+++ RECORDS SUPPLIED
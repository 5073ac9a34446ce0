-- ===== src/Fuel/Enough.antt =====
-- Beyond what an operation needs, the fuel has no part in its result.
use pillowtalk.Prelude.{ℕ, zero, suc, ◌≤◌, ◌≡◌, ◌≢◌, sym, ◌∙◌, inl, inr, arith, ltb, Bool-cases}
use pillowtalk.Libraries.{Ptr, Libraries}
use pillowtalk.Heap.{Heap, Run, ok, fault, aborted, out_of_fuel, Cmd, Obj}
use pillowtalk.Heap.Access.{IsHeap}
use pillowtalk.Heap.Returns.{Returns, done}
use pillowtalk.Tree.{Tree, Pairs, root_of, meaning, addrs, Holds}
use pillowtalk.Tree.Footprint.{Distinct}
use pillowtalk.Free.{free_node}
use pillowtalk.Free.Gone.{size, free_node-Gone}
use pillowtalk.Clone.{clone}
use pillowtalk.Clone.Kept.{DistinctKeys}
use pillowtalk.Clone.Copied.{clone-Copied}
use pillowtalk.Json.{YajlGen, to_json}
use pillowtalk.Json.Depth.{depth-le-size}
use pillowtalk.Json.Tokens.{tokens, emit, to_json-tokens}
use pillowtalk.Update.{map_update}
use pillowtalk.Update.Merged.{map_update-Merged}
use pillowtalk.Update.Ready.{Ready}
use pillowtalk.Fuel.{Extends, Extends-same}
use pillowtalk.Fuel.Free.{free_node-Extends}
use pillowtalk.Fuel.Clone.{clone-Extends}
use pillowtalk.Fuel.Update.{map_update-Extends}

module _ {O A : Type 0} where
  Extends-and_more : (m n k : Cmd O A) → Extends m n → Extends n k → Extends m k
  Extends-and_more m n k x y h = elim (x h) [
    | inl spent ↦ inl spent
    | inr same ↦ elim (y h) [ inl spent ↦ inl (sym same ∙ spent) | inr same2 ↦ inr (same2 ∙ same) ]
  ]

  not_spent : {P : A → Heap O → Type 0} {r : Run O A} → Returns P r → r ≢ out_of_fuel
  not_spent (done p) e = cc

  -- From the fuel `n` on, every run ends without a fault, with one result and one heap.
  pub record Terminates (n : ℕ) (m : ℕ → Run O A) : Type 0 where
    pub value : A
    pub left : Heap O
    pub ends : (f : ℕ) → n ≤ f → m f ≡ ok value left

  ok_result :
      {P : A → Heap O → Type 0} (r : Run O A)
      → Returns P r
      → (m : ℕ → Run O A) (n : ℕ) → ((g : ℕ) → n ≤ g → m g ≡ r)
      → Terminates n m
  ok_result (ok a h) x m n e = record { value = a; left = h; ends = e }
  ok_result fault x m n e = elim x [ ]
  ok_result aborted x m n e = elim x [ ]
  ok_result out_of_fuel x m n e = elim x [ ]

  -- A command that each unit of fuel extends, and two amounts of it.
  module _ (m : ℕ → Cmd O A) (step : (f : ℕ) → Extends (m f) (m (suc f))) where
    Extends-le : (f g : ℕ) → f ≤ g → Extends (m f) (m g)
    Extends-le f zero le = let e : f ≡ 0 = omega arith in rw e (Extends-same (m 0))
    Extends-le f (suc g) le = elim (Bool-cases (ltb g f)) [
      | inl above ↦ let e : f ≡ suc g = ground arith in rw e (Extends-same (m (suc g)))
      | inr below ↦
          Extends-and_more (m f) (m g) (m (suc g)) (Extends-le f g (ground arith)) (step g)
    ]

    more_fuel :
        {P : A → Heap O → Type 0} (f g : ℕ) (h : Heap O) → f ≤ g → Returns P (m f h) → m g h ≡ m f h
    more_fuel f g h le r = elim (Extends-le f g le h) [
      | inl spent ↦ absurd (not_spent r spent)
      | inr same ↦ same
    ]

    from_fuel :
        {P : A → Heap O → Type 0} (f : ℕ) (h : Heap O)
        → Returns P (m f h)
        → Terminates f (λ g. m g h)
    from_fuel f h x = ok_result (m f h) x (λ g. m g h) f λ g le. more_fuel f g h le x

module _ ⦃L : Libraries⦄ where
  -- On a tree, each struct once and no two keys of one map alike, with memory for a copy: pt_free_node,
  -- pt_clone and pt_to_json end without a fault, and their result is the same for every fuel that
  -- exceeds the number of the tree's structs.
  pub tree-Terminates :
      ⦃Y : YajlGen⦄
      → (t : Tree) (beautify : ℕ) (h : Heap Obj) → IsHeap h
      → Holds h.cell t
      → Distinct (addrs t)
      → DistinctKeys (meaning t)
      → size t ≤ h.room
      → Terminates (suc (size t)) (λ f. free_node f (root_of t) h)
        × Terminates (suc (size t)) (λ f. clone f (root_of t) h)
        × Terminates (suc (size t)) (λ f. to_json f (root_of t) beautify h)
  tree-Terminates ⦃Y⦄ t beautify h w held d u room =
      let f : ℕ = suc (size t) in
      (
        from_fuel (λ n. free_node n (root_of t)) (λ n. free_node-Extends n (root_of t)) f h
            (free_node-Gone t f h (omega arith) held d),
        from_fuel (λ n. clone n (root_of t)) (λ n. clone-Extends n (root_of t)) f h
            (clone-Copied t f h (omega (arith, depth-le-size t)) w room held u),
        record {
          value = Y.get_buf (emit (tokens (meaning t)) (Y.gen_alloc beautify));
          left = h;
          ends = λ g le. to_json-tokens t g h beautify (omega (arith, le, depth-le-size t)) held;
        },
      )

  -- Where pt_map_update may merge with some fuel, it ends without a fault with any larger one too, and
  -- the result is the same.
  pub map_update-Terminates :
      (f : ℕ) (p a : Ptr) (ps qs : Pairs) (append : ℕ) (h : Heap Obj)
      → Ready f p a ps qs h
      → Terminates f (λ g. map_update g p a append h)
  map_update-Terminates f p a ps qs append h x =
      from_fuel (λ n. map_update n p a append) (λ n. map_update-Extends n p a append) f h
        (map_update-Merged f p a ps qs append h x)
++++++
+++ RECORDS SUPPLIED
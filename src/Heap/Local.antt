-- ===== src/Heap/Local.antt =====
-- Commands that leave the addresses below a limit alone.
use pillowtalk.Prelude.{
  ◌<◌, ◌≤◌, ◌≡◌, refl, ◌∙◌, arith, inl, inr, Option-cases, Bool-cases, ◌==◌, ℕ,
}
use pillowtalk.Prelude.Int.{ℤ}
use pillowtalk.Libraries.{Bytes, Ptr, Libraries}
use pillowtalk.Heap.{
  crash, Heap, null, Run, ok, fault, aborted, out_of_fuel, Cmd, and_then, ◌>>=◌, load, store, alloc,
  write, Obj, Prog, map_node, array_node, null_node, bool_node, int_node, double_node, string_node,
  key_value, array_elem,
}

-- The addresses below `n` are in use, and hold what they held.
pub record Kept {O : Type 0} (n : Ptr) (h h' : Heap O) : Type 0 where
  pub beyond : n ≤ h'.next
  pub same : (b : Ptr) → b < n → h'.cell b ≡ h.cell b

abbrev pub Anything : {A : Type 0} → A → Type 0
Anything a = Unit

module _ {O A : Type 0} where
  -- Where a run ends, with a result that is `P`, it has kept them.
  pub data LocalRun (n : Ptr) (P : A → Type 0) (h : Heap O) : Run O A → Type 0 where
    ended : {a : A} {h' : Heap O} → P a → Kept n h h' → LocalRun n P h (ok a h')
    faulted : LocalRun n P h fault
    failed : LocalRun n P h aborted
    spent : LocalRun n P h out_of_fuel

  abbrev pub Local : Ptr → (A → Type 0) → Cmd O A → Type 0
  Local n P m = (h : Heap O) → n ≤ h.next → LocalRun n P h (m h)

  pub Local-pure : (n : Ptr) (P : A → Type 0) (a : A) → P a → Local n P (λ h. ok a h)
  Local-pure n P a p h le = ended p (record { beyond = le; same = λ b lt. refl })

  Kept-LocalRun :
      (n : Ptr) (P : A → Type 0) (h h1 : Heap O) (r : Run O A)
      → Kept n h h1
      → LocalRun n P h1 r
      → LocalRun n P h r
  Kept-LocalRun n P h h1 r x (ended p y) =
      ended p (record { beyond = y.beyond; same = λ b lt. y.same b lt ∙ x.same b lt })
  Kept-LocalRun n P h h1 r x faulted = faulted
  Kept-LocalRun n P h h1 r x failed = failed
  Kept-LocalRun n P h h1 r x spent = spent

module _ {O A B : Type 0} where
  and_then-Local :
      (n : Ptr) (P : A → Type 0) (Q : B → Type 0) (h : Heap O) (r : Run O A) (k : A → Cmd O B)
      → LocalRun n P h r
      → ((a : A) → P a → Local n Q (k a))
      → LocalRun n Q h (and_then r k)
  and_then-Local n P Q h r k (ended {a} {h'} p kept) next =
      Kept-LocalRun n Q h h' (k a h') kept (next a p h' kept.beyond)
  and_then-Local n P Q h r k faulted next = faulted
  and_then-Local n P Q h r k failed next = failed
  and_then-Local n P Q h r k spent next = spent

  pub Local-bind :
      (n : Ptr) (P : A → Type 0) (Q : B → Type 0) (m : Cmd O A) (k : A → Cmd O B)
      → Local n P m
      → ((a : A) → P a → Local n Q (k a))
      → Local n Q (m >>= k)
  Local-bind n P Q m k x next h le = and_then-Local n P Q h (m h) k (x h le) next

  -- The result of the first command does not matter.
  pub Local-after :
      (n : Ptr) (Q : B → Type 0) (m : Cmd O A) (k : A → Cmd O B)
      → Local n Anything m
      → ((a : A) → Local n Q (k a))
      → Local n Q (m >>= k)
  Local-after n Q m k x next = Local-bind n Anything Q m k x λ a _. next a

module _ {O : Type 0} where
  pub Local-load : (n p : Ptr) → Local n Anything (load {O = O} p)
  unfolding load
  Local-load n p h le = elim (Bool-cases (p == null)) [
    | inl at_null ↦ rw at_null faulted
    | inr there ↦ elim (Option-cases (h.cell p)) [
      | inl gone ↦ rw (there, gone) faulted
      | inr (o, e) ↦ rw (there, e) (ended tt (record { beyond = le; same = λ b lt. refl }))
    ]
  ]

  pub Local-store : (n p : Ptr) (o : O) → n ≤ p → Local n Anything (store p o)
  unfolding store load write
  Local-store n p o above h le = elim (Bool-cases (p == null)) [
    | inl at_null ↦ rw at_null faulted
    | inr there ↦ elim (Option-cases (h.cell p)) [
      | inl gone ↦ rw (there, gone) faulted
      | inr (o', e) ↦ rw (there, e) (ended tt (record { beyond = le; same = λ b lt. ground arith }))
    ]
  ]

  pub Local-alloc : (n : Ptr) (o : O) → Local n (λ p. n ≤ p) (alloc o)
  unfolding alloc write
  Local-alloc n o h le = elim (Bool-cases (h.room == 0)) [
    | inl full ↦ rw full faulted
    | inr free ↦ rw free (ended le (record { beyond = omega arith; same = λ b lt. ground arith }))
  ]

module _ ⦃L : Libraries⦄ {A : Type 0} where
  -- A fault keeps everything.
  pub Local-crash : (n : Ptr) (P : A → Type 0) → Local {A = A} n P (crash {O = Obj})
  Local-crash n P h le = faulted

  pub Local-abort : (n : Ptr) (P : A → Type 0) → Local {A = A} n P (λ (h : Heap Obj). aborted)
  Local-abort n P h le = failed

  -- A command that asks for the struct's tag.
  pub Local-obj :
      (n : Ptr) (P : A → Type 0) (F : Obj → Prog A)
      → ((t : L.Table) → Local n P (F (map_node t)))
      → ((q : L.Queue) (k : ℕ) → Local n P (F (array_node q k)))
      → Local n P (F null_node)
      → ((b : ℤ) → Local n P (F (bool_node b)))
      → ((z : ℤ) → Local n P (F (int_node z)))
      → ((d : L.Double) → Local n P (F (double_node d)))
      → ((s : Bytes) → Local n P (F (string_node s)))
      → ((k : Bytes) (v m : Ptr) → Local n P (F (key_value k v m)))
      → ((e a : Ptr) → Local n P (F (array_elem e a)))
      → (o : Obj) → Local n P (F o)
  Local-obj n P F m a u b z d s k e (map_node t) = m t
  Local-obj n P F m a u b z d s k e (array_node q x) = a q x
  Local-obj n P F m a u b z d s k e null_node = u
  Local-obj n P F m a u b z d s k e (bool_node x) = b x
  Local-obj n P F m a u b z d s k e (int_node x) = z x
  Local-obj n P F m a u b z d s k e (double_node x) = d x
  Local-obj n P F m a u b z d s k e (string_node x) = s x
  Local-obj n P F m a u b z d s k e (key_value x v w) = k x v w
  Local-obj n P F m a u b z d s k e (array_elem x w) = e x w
++++++
As the answer, set down only the lines from the data above between the one holding "(not_spent r spent)" and the one holding "value = Y.get_buf", inclusive, exactly as they read.

■ **REPLY TO THE EXERCISE**:
      | inl spent ↦ absurd (not_spent r spent)
      | inr same ↦ same
    ]

    from_fuel :
        {P : A → Heap O → Type 0} (f : ℕ) (h : Heap O)
        → Returns P (m f h)
        → Terminates f (λ g. m g h)
    from_fuel f h x = ok_result (m f h) x (λ g. m g h) f λ g le. more_fuel f g h le x

module _ ⦃L : Libraries⦄ where
  -- On a tree, each struct once and no two keys of one map alike, with memory for a copy: pt_free_node,
  -- pt_clone and pt_to_json end without a fault, and their result is the same for every fuel that
  -- exceeds the number of the tree's structs.
  pub tree-Terminates :
      ⦃Y : YajlGen⦄
      → (t : Tree) (beautify : ℕ) (h : Heap Obj) → IsHeap h
      → Holds h.cell t
      → Distinct (addrs t)
      → DistinctKeys (meaning t)
      → size t ≤ h.room
      → Terminates (suc (size t)) (λ f. free_node f (root_of t) h)
        × Terminates (suc (size t)) (λ f. clone f (root_of t) h)
        × Terminates (suc (size t)) (λ f. to_json f (root_of t) beautify h)
  tree-Terminates ⦃Y⦄ t beautify h w held d u room =
      let f : ℕ = suc (size t) in
      (
        from_fuel (λ n. free_node n (root_of t)) (λ n. free_node-Extends n (root_of t)) f h
            (free_node-Gone t f h (omega arith) held d),
        from_fuel (λ n. clone n (root_of t)) (λ n. clone-Extends n (root_of t)) f h
            (clone-Copied t f h (omega (arith, depth-le-size t)) w room held u),
        record {
          value = Y.get_buf (emit (tokens (meaning t)) (Y.gen_alloc beautify));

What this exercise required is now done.